[Excerpts from a dataset]
-- ===== src/Chatstate/Channels.antt =====
-- gateway/internal/chatstate/store.go: `Subscribe`, `publishEventLocked` and
-- `closeSubscribersLocked`, over channels whose misuse would panic.
use codex_runtime.Base.{
  ℕ, ◌+◌, ◌||◌, Text, text_eq, Bool, true, false, not, Option, none, some, List, [], ◌∷◌, ◌++◌, Map,
  lookup, insert, remove, length, ltb, ◌==◌, if◌then◌else◌, u64, Result, ok, err,
}
use codex_runtime.Domain.{GatewayError}
use codex_runtime.Chatstate.Types.{RunScope, RunRecord, EventRecord}
use codex_runtime.Chatstate.Keys.{
  active_run_key, replay_key, validate_run_scope, is_terminal_run_state,
}
use codex_runtime.Chatstate.Store.{
  Channel, ChannelStatus, open_channel, closed_channel, panicked, Store, default_subscriber_queue,
}

abbrev closed_status : ChannelStatus → ChannelStatus
closed_status open_channel = closed_channel
closed_status _ = panicked

-- close(ch): a channel is closed once.
unfoldable pub close : Channel → Channel
close c = record c { status = closed_status c.status }

abbrev pub is_open_channel : ChannelStatus → Bool
is_open_channel open_channel = true
is_open_channel _ = false

-- ch <- event, where the buffer has room.
unfoldable pub send : EventRecord → Channel → Channel
send event c =
    if is_open_channel c.status
    then record c { queue = c.queue ++ (event ∷ []) }
    else record c { status = panicked }

unfoldable pub has_room : Channel → Bool
has_room c = ltb (length c.queue) c.capacity

unfoldable pub set_channel : ℕ → Channel → (ℕ → Channel) → ℕ → Channel
set_channel id c channels = λ j. if j == id then c else channels j

abbrev pub without : ℕ → List ℕ → List ℕ
without id [] = []
without id (j ∷ ids) = let rest = without id ids in if j == id then rest else j ∷ rest

abbrev pub contains : ℕ → List ℕ → Bool
contains id [] = false
contains id (j ∷ ids) = j == id || contains id ids

abbrev pub ids_of : Option (List ℕ) → List ℕ
ids_of none = []
ids_of (some ids) = ids

-- `s.subscribers[key] = ids`, with an empty map deleted from its parent.
unfoldable pub put_ids : Text → List ℕ → Map (List ℕ) → Map (List ℕ)
put_ids key [] m = remove key m
put_ids key (id ∷ ids) m = insert key (id ∷ ids) m

-- The loop over the subscribers of a run: those that stay, and the channels afterwards.
unfoldable pub publish_each : EventRecord → List ℕ → (ℕ → Channel) → List ℕ × (ℕ → Channel)
publish_each event [] channels = ([], channels)
publish_each event (id ∷ ids) channels =
    let c = channels id in
    let (kept, after) =
      publish_each event ids
        (set_channel id (if has_room c then send event c else close c) channels) in
    (if has_room c then id ∷ kept else kept, after)

unfoldable pub publish_event : Text → EventRecord → Store → Store
publish_event key event s =
    let (kept, after) = publish_each event (ids_of (lookup key s.subscribers)) s.channels in
    record s { subscribers = put_ids key kept s.subscribers; channels = after }

unfoldable pub close_each : List ℕ → (ℕ → Channel) → ℕ → Channel
close_each [] channels = channels
close_each (id ∷ ids) channels = close_each ids (set_channel id (close (channels id)) channels)

unfoldable pub close_subscribers : Text → Store → Store
close_subscribers key s = record s {
  subscribers = remove key s.subscribers;
  channels = close_each (ids_of (lookup key s.subscribers)) s.channels;
}

-- Whether a subscriber would see more events of the run.
unfoldable pub is_live : RunScope → Option RunRecord → Bool
is_live scope none = false
is_live scope (some r) = not (not (text_eq r.run_id scope.run_id) || is_terminal_run_state r.state)

abbrev queue_size : ℕ → ℕ
queue_size n = if n == 0 then default_subscriber_queue else n

-- The subscriber's id stands for the channel and for the `unsubscribe` that are returned; `none`
-- is the nil channel.
unfoldable pub subscribe : RunScope → Store → Store × Result GatewayError (Option ℕ)
subscribe scope s = elim (validate_run_scope scope) [
  | some e ↦ (s, err e)
  | none ↦
      let id = u64 (s.next_subscriber_id + 1) in
      let key = replay_key scope in
      if is_live scope (lookup (active_run_key scope.scope) s.active_runs)
      then (
        record s {
          next_subscriber_id = id;
          subscribers = insert key (id ∷ ids_of (lookup key s.subscribers)) s.subscribers;
          channels =
              set_channel id
                (record {
                  status = open_channel;
                  capacity = queue_size s.limits.subscriber_queue;
                  queue = [];
                })
                s.channels;
        },
        ok (some id),
      )
      else (record s { next_subscriber_id = id }, ok none)
]

-- The closure that `Subscribe` returns.
unfoldable pub unsubscribe : RunScope → ℕ → Store → Store
unsubscribe scope id s = elim (lookup (replay_key scope) s.subscribers) [
  | none ↦ s
  | some ids ↦ record s {
    subscribers = put_ids (replay_key scope) (without id ids) s.subscribers;
    channels =
        if contains id ids then set_channel id (close (s.channels id)) s.channels else s.channels;
  }
]

abbrev next_event : List EventRecord → Option EventRecord × List EventRecord
next_event [] = (none, [])
next_event (e ∷ es) = (some e, es)

-- `<-ch` at the receiving end; `none` is a receive that waits, or one from a closed channel.
unfoldable pub receive : ℕ → Store → Store × Option EventRecord
receive id s =
    let c = s.channels id in
    let (event, rest) = next_event c.queue in
    (record s { channels = set_channel id (record c { queue = rest }) s.channels }, event)
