-- ===== src/Chatstate/Replay.antt =====
-- gateway/internal/chatstate/store.go: the events of a run, buffered for replay. `buffer.bytes` is
-- an int64 that wraps, written as the number modulo 2^64 that it is: from 2^63 on it is negative.
use codex_runtime.Base.{
  ℕ, ◌+◌, ◌-◌, ℤ, pos, negsuc, u64, Text, text_eq, Bool, ◌&&◌, ◌||◌, not, Option, none, some, List,
  [], ◌∷◌, ◌++◌, lookup, insert, remove, keep_if, length, ltb, ◌==◌, if◌then◌else◌, Result, ok, err,
}
use codex_runtime.Domain.{GatewayError}
use codex_runtime.Chatstate.Types.{
  Limits, RunScope, EventInput, EventRecord, Payloads, Cursor, ReplayResult, ReplayError,
}
use codex_runtime.Chatstate.Failures.{
  invalid_request, replay_unavailable_after_restart, replay_cursor_evicted, replay_out_of_range,
}
use codex_runtime.Chatstate.Keys.{replay_key, validate_run_scope, safe_label}
use codex_runtime.Chatstate.Store.{Store, ReplayBuffer, unix_ms, of_unix_ms, cleanup}
use codex_runtime.Chatstate.Channels.{publish_event}

-- The eight `clone…` functions: nil stays nil, and else a copy is made.
abbrev clone : {A : Type 0} → Option A → Option A
clone none = none
clone (some a) = some a

abbrev clone_payloads : Payloads → Payloads
clone_payloads p = record {
  assistant_delta = clone p.assistant_delta;
  assistant_message_completed = clone p.assistant_message_completed;
  pending_created = clone p.pending_created;
  pending_resolved = clone p.pending_resolved;
  terminal = clone p.terminal;
  command_started = clone p.command_started;
  command_output_delta = clone p.command_output_delta;
  gateway_warning = clone p.gateway_warning;
}

-- The sum and the difference of two int64, and whether an int64 is more than one that is not negative.
abbrev pub int64_add : ℕ → ℕ → ℕ
int64_add a b = u64 (a + b)

abbrev pub int64_sub : ℕ → ℕ → ℕ
int64_sub a b = u64 (a + (18446744073709551616 - b))

abbrev pub int64_exceeds : ℕ → ℕ → Bool
int64_exceeds a limit = ltb a 9223372036854775808 && ltb limit a

-- Whether the oldest event has to go: too many events, too many bytes, or it is too old.
unfoldable pub over_limits : Limits → ℕ → EventRecord → ℕ → ℕ → Bool
over_limits limits now oldest count bytes =
    ltb limits.replay_max_events count
    || int64_exceeds bytes limits.replay_max_bytes
    || ltb (of_unix_ms oldest.created_at_unix_ms + limits.replay_ttl) now

abbrev pub buffer_of : List EventRecord → ℕ → ℕ → ReplayBuffer
buffer_of events bytes start_evicted_before_event_id = record {
  events = events;
  bytes = bytes;
  start_evicted_before_event_id = start_evicted_before_event_id;
}

-- The loop of `enforceReplayLimitsLocked` over the buffer's three fields.
unfoldable pub enforce_from : Limits → ℕ → List EventRecord → ℕ → ℕ → ReplayBuffer
enforce_from limits now [] bytes start = buffer_of [] bytes start
enforce_from limits now (oldest ∷ rest) bytes start =
    let evicted =
      enforce_from limits now rest (int64_sub bytes oldest.size_bytes)
        (u64 (oldest.event_id + 1)) in
    if over_limits limits now oldest (length (oldest ∷ rest)) bytes
    then evicted
    else buffer_of (oldest ∷ rest) bytes start

unfoldable pub enforce_replay_limits : Limits → ℕ → ReplayBuffer → ReplayBuffer
enforce_replay_limits limits now b =
    enforce_from limits now b.events b.bytes b.start_evicted_before_event_id

abbrev pub empty_buffer : ReplayBuffer
empty_buffer = buffer_of [] 0 0

abbrev pub buffer_or_new : Option ReplayBuffer → ReplayBuffer
buffer_or_new none = empty_buffer
buffer_or_new (some b) = b

unfoldable pub new_event : ℕ → ℕ → EventInput → ℕ → Text → EventRecord
new_event created_at event_id input size_bytes epoch = record {
  event_id = event_id;
  epoch = epoch;
  run_scope = input.run_scope;
  kind = safe_label input.kind;
  state = safe_label input.state;
  reason = input.reason;
  payloads = clone_payloads input.payloads;
  created_at_unix_ms = unix_ms created_at;
  size_bytes = size_bytes;
}

-- `append(buffer.events, record)` and `buffer.bytes += record.SizeBytes`
unfoldable pub add_event : EventRecord → ReplayBuffer → ReplayBuffer
add_event event b = record b {
  events = b.events ++ (event ∷ []);
  bytes = int64_add b.bytes event.size_bytes;
}

-- The part of AppendEvent that stores the event, before it is published.
unfoldable pub store_event : ℕ → EventRecord → Store → Store
store_event enforce_at event s =
    let key = replay_key event.run_scope in
    record s {
      next_event_id = event.event_id;
      replay =
          insert key
            (enforce_replay_limits s.limits enforce_at
              (add_event event (buffer_or_new (lookup key s.replay))))
            s.replay;
    }

unfoldable pub append_checked :
    ℕ → ℕ → EventInput → ℕ → Store → Store × Result GatewayError EventRecord
append_checked created_at enforce_at input size_bytes s =
    let event = new_event created_at (u64 (s.next_event_id + 1)) input size_bytes s.epoch in
    (publish_event (replay_key input.run_scope) event (store_event enforce_at event s), ok event)

abbrev pub append_sized :
    ℕ → ℕ → ℕ → EventInput → ℤ → Store → Store × Result GatewayError EventRecord
append_sized cleanup_at created_at enforce_at input (pos size) s =
    append_checked created_at enforce_at input size (cleanup cleanup_at s)
append_sized cleanup_at created_at enforce_at input (negsuc n) s =
    (s, err (invalid_request "event size must not be negative" input.run_scope.scope))

unfoldable pub append_event :
    ℕ → ℕ → ℕ → EventInput → Store → Store × Result GatewayError EventRecord
append_event cleanup_at created_at enforce_at input s = elim (validate_run_scope input.run_scope) [
  | some e ↦ (s, err e)
  | none ↦ append_sized cleanup_at created_at enforce_at input input.size_bytes s
]

-- `events[len(events)-1].EventID` of a list that starts with an event.
abbrev pub last_id : EventRecord → List EventRecord → ℕ
last_id e [] = e.event_id
last_id e (f ∷ rest) = last_id f rest

unfoldable pub newer : ℕ → List EventRecord → List EventRecord
newer after = keep_if (λ e. ltb after e.event_id)

abbrev pub scope_of : Cursor → RunScope
scope_of cursor = record {
  scope = record {
    session_group_id = cursor.session_group_id;
    workspace_id = cursor.workspace_id;
    chat_id = cursor.chat_id;
  };
  run_id = cursor.run_id;
}

-- `OldestBufferedEventID-1`, which wraps at 0.
abbrev pub before : ℕ → ℕ
before id = u64 (id + 18446744073709551615)

-- The answer from a buffer that is not empty.
unfoldable pub read_buffer :
    Cursor → EventRecord → List EventRecord → ℕ → Result ReplayError ReplayResult
read_buffer cursor oldest rest start =
    let after = cursor.after_event_id in
    if ltb after (before oldest.event_id) && not (after == 0 && not (start == 0))
    then err (replay_cursor_evicted cursor)
    else if ltb (last_id oldest rest) after
    then err (replay_out_of_range cursor)
    else ok (record {
      events = newer after (oldest ∷ rest);
      oldest_buffered_event_id = oldest.event_id;
      newest_buffered_event_id = last_id oldest rest;
      from_start_available = start == 0;
      start_evicted_before_event_id = start;
    })

-- Replay once the buffer's limits are enforced: an empty buffer is deleted.
unfoldable pub read_enforced :
    Cursor → ReplayBuffer → Store → Store × Result ReplayError ReplayResult
read_enforced cursor b s = elim b.events [
  | [] ↦ (
    record s { replay = remove (replay_key (scope_of cursor)) s.replay },
    err (replay_unavailable_after_restart cursor),
  )
  | oldest ∷ rest ↦ (
    record s { replay = insert (replay_key (scope_of cursor)) b s.replay },
    read_buffer cursor oldest rest b.start_evicted_before_event_id,
  )
]

unfoldable pub replay_found :
    ℕ → Cursor → ReplayBuffer → Store → Store × Result ReplayError ReplayResult
replay_found enforce_at cursor b s = elim b.events [
  | [] ↦ (s, err (replay_unavailable_after_restart cursor))
  | _ ∷ _ ↦ read_enforced cursor (enforce_replay_limits s.limits enforce_at b) s
]

-- Replay after the cleanup.
unfoldable pub replay_checked : ℕ → Cursor → Store → Store × Result ReplayError ReplayResult
replay_checked enforce_at cursor s =
    if not (text_eq cursor.epoch s.epoch)
    then (s, err (replay_unavailable_after_restart cursor))
    else elim (lookup (replay_key (scope_of cursor)) s.replay) [
      | none ↦ (s, err (replay_unavailable_after_restart cursor))
      | some b ↦ replay_found enforce_at cursor b s
    ]

unfoldable pub replay : ℕ → ℕ → Cursor → Store → Store × Result ReplayError ReplayResult
replay cleanup_at enforce_at cursor s = replay_checked enforce_at cursor (cleanup cleanup_at s)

WORK REQUEST
There is a line with "publish_each event ids" and a line with "close_each [] channels = channels" above. Copy exactly those two lines and all lines between them, with nothing else.

PROBLEM SOLUTION
      publish_each event ids
        (set_channel id (if has_room c then send event c else close c) channels) in
    (if has_room c then id ∷ kept else kept, after)

unfoldable pub publish_event : Text → EventRecord → Store → Store
publish_event key event s =
    let (kept, after) = publish_each event (ids_of (lookup key s.subscribers)) s.channels in
    record s { subscribers = put_ids key kept s.subscribers; channels = after }

unfoldable pub close_each : List ℕ → (ℕ → Channel) → ℕ → Channel
close_each [] channels = channels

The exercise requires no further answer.